How often does the leap second bug recur?
That one? Once. Seen plenty of different style leap second bugs (too many - leap seconds should be a relatively easy calculation, but we only get to test them once every 3 years or so, and in real time because it's kinda hard to convince a global time keeping system that a fake leap second is about to happen for testing. Still, I'd rather we fixed the software than do stupid things like get rid of UTC like some idiots are proposing), but one that causes a futex loop in java processes (and the opera web browser) just the once, and mostly only on RHEL6 and debian ~wheezy kernels at the time.
If It is known to occur, then why would such platforms be relied upon instead of patching it ahead of time?

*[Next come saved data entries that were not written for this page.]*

-- ===== src/Chargen/Service.antt =====
-- The character generator goes on as long as nothing fails.
use learnuv.Base.{
  ℕ, zero, suc, ◌+◌, ◌<◌, ◌≡◌, refl, ap, true, Option, none, some, List, [], ◌∷◌, arith, length,
  All, Outcome, ok, fail, ◌%◌, ◌^◌, ◌≢◌, sym, subst, inl, inr, Bool, false, ◌++◌, length-append,
  if◌then◌else◌, assertion, ◌>>=◌,
}
use learnuv.Base.Word.{add_size}
use learnuv.Base.Int.{pos, negsuc}
use learnuv.Uv.{check_uv}
use learnuv.Chargen.{
  Stats, Chargen, Output, find, put, freed_on_error, on_write_end, Accept, Event, write_ended,
  connection, timeout, message_size, on_new_connection, on_timeout, step, run,
}
use learnuv.Chargen.Counts.{
  IsLive, IsWell, counted, reported, IsCounted, fill-ok, Found, find-Found, snoc-IsLive,
  run-IsCounted, IsGreeting,
}

abbrev IsFineAccept : Accept → Type 0
IsFineAccept a =
    (a.got ≡ true)
    × (check_uv a.accepted ≡ ok tt)
    × (check_uv a.peer ≡ ok tt)
    × (check_uv a.name ≡ ok tt)

-- With `n` connections so far: writes that succeed end on one of them, and no accept fails.
abbrev pub IsFine : ℕ → List Event → Type 0
IsFine n [] = Unit {0}
IsFine n (write_ended i (pos status) ∷ es) = (i < n) × IsFine n es
IsFine n (write_ended i (negsuc e) ∷ es) = ⊥
IsFine n (connection (pos status) a ∷ es) = IsFineAccept a × IsFine (n + 1) es
IsFine n (connection (negsuc e) a ∷ es) = IsFine n es
IsFine n (timeout now ∷ es) = IsFine n es

-- The outcome is a state with `n` connections.
abbrev HasServed : ℕ → Outcome (List Output × Chargen) → Type 0
HasServed n (fail why) = ⊥
HasServed n (ok (out, t)) = IsWell t × (length t.stats ≡ n)

find-present :
    (os : List (Option Stats)) (i : ℕ) → All IsLive os → i < length os → find os i ≢ fail assertion
unfolding find
find-present [] i h lt e = omega arith
find-present (none ∷ os) i h lt e = h.0
find-present (some st ∷ os) zero h lt e = ground arith
find-present (some st ∷ os) (suc i) h lt e = find-present os i h.1 (omega arith) e

present-Found :
    (os : List (Option Stats)) (i : ℕ) → All IsLive os → i < length os → Found os i (find os i)
present-Found os i h lt = elim (find-Found os i h) [
  | inl missing ↦ absurd (find-present os i h lt missing)
  | inr f ↦ f
]

length-put :
    (os : List (Option Stats)) (i : ℕ) (new : Option Stats) → length (put os i new) ≡ length os
unfolding put
length-put [] i new = refl
length-put (o ∷ os) zero new = refl
length-put (o ∷ os) (suc i) new = ap suc (length-put os i new)

write_ended-HasServed :
    (s : Chargen) (i status : ℕ)
    → IsWell s
    → i < length s.stats
    → HasServed (length s.stats) (on_write_end s i (pos status))
unfolding on_write_end freed_on_error
write_ended-HasServed s i status w lt =
    let f = present-Found s.stats i w.all_live lt in
    let (t, filled, size, text, same, kept) = fill-ok s w.size in
    let st = record f.st { transfered = add_size f.st.transfered message_size } in
    rw (f.found, filled, same, f.found)
      (record { size = size; all_live = (f.changed st).1 }, length-put s.stats i (some st))

connection-HasServed :
    (s : Chargen) (status : ℕ) (a : Accept)
    → IsWell s
    → IsFineAccept a
    → HasServed (length s.stats + 1) (on_new_connection s (pos status) a)
unfolding on_new_connection
connection-HasServed s status a w (got, accepted, peer, name) =
    let (t, filled, size, text, same, kept) = fill-ok s w.size in
    let st : Stats = record { start = a.now; transfered = 0 } in
    rw (got, accepted, peer, named a.is_inet, filled, same)
      (
        record { size = size; all_live = snoc-IsLive s.stats st w.all_live },
        length-append s.stats (some st ∷ []),
      )
  where
    named : (inet : Bool) → (if inet then check_uv a.name else ok tt) ≡ ok tt
    named true = name
    named false = refl

chain-HasServed :
    (n : ℕ) (o : Outcome (List Output × Chargen)) (next : Chargen → Outcome (List Output × Chargen))
    → HasServed n o
    → ((t : Chargen)
        → IsWell t
        → length t.stats ≡ n
        → (u : Chargen) × (out : List Output) × (next t ≡ ok (out, u)))
    → (u : Chargen) × (out : List Output) × (◌>>=◌ {Next = List Output × Chargen} o
          (λ r. next r.1 >>= (λ r'. ok (r.0 ++ r'.0, r'.1)))
        ≡ ok (out, u))
chain-HasServed n (fail why) next c h = absurd c
chain-HasServed n (ok (out, t)) next (w, many) h =
    let (u, out', e) = h t w many in (u, out ++ out', rw e refl)

-- While no write and no accept fails, the program goes on.
run_fine :
    (s : Chargen) (es : List Event)
    → IsWell s
    → IsFine (length s.stats) es
    → (u : Chargen) × (out : List Output) × (run s es ≡ ok (out, u))
unfolding run step on_timeout
run_fine s [] w h = (s, [], refl)
run_fine s (write_ended i (pos status) ∷ es) w h =
    chain-HasServed (length s.stats) (on_write_end s i (pos status)) (λ t. run t es)
      (write_ended-HasServed s i status w h.0)
      (λ t w' many. run_fine t es w' (subst (λ n. IsFine n es) (sym many) h.1))
run_fine s (write_ended i (negsuc e) ∷ es) w h = absurd h
run_fine s (connection (pos status) a ∷ es) w h =
    chain-HasServed (length s.stats + 1) (on_new_connection s (pos status) a) (λ t. run t es)
      (connection-HasServed s status a w h.0)
      (λ t w' many. run_fine t es w' (subst (λ n. IsFine n es) (sym many) h.1))
run_fine s (connection (negsuc e) a ∷ es) w h =
    chain-HasServed (length s.stats) (on_new_connection s (negsuc e) a) (λ t. run t es)
      (unfold on_new_connection in (w, refl))
      (λ t w' many. run_fine t es w' (subst (λ n. IsFine n es) (sym many) h))
run_fine s (timeout now ∷ es) w h =
    chain-HasServed (length s.stats) (ok (on_timeout s now)) (λ t. run t es)
      (record { size = w.size; all_live = w.all_live }, refl)
      (λ t w' many. run_fine t es w' (subst (λ n. IsFine n es) (sym many) h))

-- While no write and no accept fails, the program goes on, and then its counters are in step: the
-- bytes that `on_timeout` has reported, together with those counted since, are the bytes that all
-- connections count for themselves, modulo 2 ^ 64; and every write is of the first eight characters
-- of the text, as many as a pointer has bytes.
pub run-served :
    (s : Chargen) (es : List Event)
    → IsWell s
    → IsFine (length s.stats) es
    → (t : Chargen) × (out : List Output) × (run s es ≡ ok (out, t))
      × All IsGreeting out
      × ((reported out + t.transfered + counted s.stats) % 2 ^ 64
          ≡ (s.transfered + counted t.stats) % 2 ^ 64)
run-served s es w h =
    let (t, out, e) = run_fine s es w h in
    let (_, texts, sums) = subst (IsCounted s) e (run-IsCounted s es w) in (t, out, e, texts, sums)
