-- ===== src/Chargen/Tests.antt =====
-- The theorems about the character generator at concrete inputs.
use learnuv.Base.{
  ℕ, true, List, [], ◌∷◌, length-replicate, ◌+◌, ◌%◌, ◌^◌, ◌≡◌, refl, some, arith, All,
  use_after_free, ok, fail,
}
use learnuv.Base.Int.{pos, negsuc}
use learnuv.Uv.{check_uv}
use learnuv.Chargen.{
  begin, Accept, Event, write_ended, connection, timeout, run, Chargen, Output, find, on_write_end,
}
use learnuv.Chargen.Counts.{IsWell, counted, reported, IsGreeting, on_write_end-fails}
use learnuv.Chargen.Service.{run-served}

abbrev friendly : Accept
friendly = record {
  got = true;
  accepted = pos 0;
  peer = pos 0;
  is_inet = true;
  name = pos 0;
  now = 5;
}

abbrev busy : List Event
busy =
    connection (pos 0) friendly
    ∷ write_ended 0 (pos 0)
    ∷ connection (pos 0) friendly
    ∷ timeout 1000
    ∷ write_ended 1 (pos 0)
    ∷ write_ended 0 (pos 0)
    ∷ []

begin-IsWell : IsWell (begin 3)
begin-IsWell = record { size = length-replicate {A = ℕ} 4096 0; all_live = tt }

abbrev one_client : Chargen
one_client = record (begin 3) { stats = some (record { start = 5; transfered = 8 }) ∷ [] }

run-served_example :
    (t : Chargen) × (out : List Output) × (run (begin 3) busy ≡ ok (out, t))
    × All IsGreeting out
    × ((reported out + t.transfered + 0) % 2 ^ 64 ≡ (0 + counted t.stats) % 2 ^ 64)
run-served_example =
    run-served (begin 3) busy begin-IsWell
      (fine, (omega arith, (fine, (omega arith, (omega arith, tt)))))
  where
    fine :
        (true ≡ true)
        × (check_uv (pos 0) ≡ ok tt)
        × (check_uv (pos 0) ≡ ok tt)
        × (check_uv (pos 0) ≡ ok tt)
    fine = (refl, refl, refl, refl)

failed_write : on_write_end one_client 0 (negsuc 31) ≡ fail use_after_free
failed_write =
    on_write_end-fails one_client 0 31 (record { start = 5; transfered = 8 })
      (length-replicate {A = ℕ} 4096 0) (unfold find in refl)
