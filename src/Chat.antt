-- ===== src/Chat.antt =====
-- chat/: a server that sends each message it receives to all its clients, and a client.
pub mod Wire
pub mod Server
pub mod Client
pub mod Delivery
pub mod System
mod Tests
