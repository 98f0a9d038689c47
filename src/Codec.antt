-- ===== src/Codec.antt =====
-- chat/Codec.h and Codec.cpp: messages behind a four-byte length, over a byte stream.
-- The callback of `Codec` does not touch the codec's own buffer, so what it is called with is
-- returned: the list of the messages, in the order of the calls.
pub mod Stream
pub mod Decode
pub mod Feed
pub mod RoundTrip
pub mod Beginnings
mod Tests
use learnuv.Base.{
  ℕ, zero, suc, ◌+◌, ◌||◌, Option, none, some, List, [], ◌∷◌, Bytes, length, ltb, leb,
  if◌then◌else◌, out_of_fuel, Outcome, ok, fail, ◌>>=◌,
}
use learnuv.Base.Int.{ℤ, pos, ltb_ℤ, signed32, size_of}
use learnuv.Buffer.{
  Buffer, new, readable_bytes, retrieve_as_string, append, peek_uint32, retrieve_uint32,
  write_uint32,
}

abbrev pub header_len : ℕ
header_len = 4

abbrev pub max_message_size : ℕ
max_message_size = 4096

pub record Codec : Type 0 where
  pub buffer : Buffer

-- `Codec()`
abbrev pub new_codec : Codec
new_codec = record { buffer = new 8192 }

-- What the loop does with a length: `none` for `break`, and else the message and the buffer behind
-- it.
pub frame_of : Buffer → ℤ → Outcome (Option (Bytes × Buffer))
frame_of b len =
    if ltb_ℤ (pos max_message_size) len || ltb_ℤ len (pos 0)
    then ok none
    else if leb (size_of len + header_len) (readable_bytes b)
    then (do b' ← retrieve_uint32 b; r ← retrieve_as_string b' (size_of len); ok (some r))
    else ok none

-- One test of the loop's condition, with the round that follows it.
pub next_message : Buffer → Outcome (Option (Bytes × Buffer))
unfolding frame_of
next_message b =
    if ltb header_len (readable_bytes b)
    then (do len ← peek_uint32 b; frame_of b (signed32 len))
    else ok none

-- `onMessage`, with fuel for the rounds of its loop.
pub on_message_loop : ℕ → Buffer → Outcome (List Bytes × Buffer)
on_message_loop zero b = fail out_of_fuel
on_message_loop (suc fuel) b = next_message b >>= elim [
  | none ↦ ok ([], b)
  | some (msg, b') ↦ on_message_loop fuel b' >>= (λ r. ok (msg ∷ r.0, r.1))
]

-- Each round takes the header at least, so there are fewer rounds than readable bytes.
pub on_message : Buffer → Outcome (List Bytes × Buffer)
unfolding on_message_loop
on_message b = on_message_loop (readable_bytes b + 1) b

-- `on_uv_read(nread, buf)`; the list is the memory at `buf->base`.
pub on_uv_read : Codec → ℕ → Bytes → Outcome (List Bytes × Codec)
on_uv_read c nread base = do
  b ← append c.buffer base nread
  r ← on_message b
  ok (r.0, record c { buffer = r.1 })

-- `encode(buffer, msg)`: the argument is the text of the C string `msg`, without its terminator,
-- and the result the length of the frame. `int len = strlen(msg)` is exact below 2 ^ 31.
pub encode : Buffer → Bytes → Outcome (ℕ × Buffer)
encode b msg = do
  b' ← write_uint32 b (length msg)
  b'' ← append b' msg (length msg)
  ok (length msg + header_len, b'')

The point of bugs is that they're not known to occur beforehand. This particular one was quite neat in that it wasn't the leap second code itself that was at fault, but it was the mechanism ntp used within the kernel to inform the kernel that a leapsecond was coming up. At least it didn't happen over the public holiday New Year period this time. I knew Monday was going to be a busy day in the datacentre when I saw my 3 laptops at home exhibit the problem on Sunday morning though.
It seems to me that developing new DCIM solutions is a bit of a stretch to solve the leap second issue. Or is that just an excuse to fund new DCIM solutions (in other words, a solution in search of a problem)?
Anything can cause a kernel or userland software to suddenly enter a hard loop burning through CPU cycles and thus power. And in a large homogenous environment, that bug can be triggered in many locations all at the one exact moment in time. Another good example might be the RHEL6 bug that affected us around the same time last year - the old "uptime has reached a hundred and something days, let's overflow a counter and kernel PANIC now!" bug. We found out about that bug after patching all of our systems, found out that it only applied to the version of the patch we managed to apply, and had to start planning to bring the next patching cycle forward (but at least we knew about it) . You'd think these were the kinds of bugs that we learnt about in 1995 and were never stupid enough to put such bugs back into the kernel, but it seems every generation must learn about it for themselves instead of reading their Operating System text books.
The point of these bugs is that anything might cause a large fraction of your machines to start chewing through electricity. In an overprovisioned environment (VMs, power, thin storage, whatever), you want to know about them before you trip your fuses/run out of memory, fill up all your disks.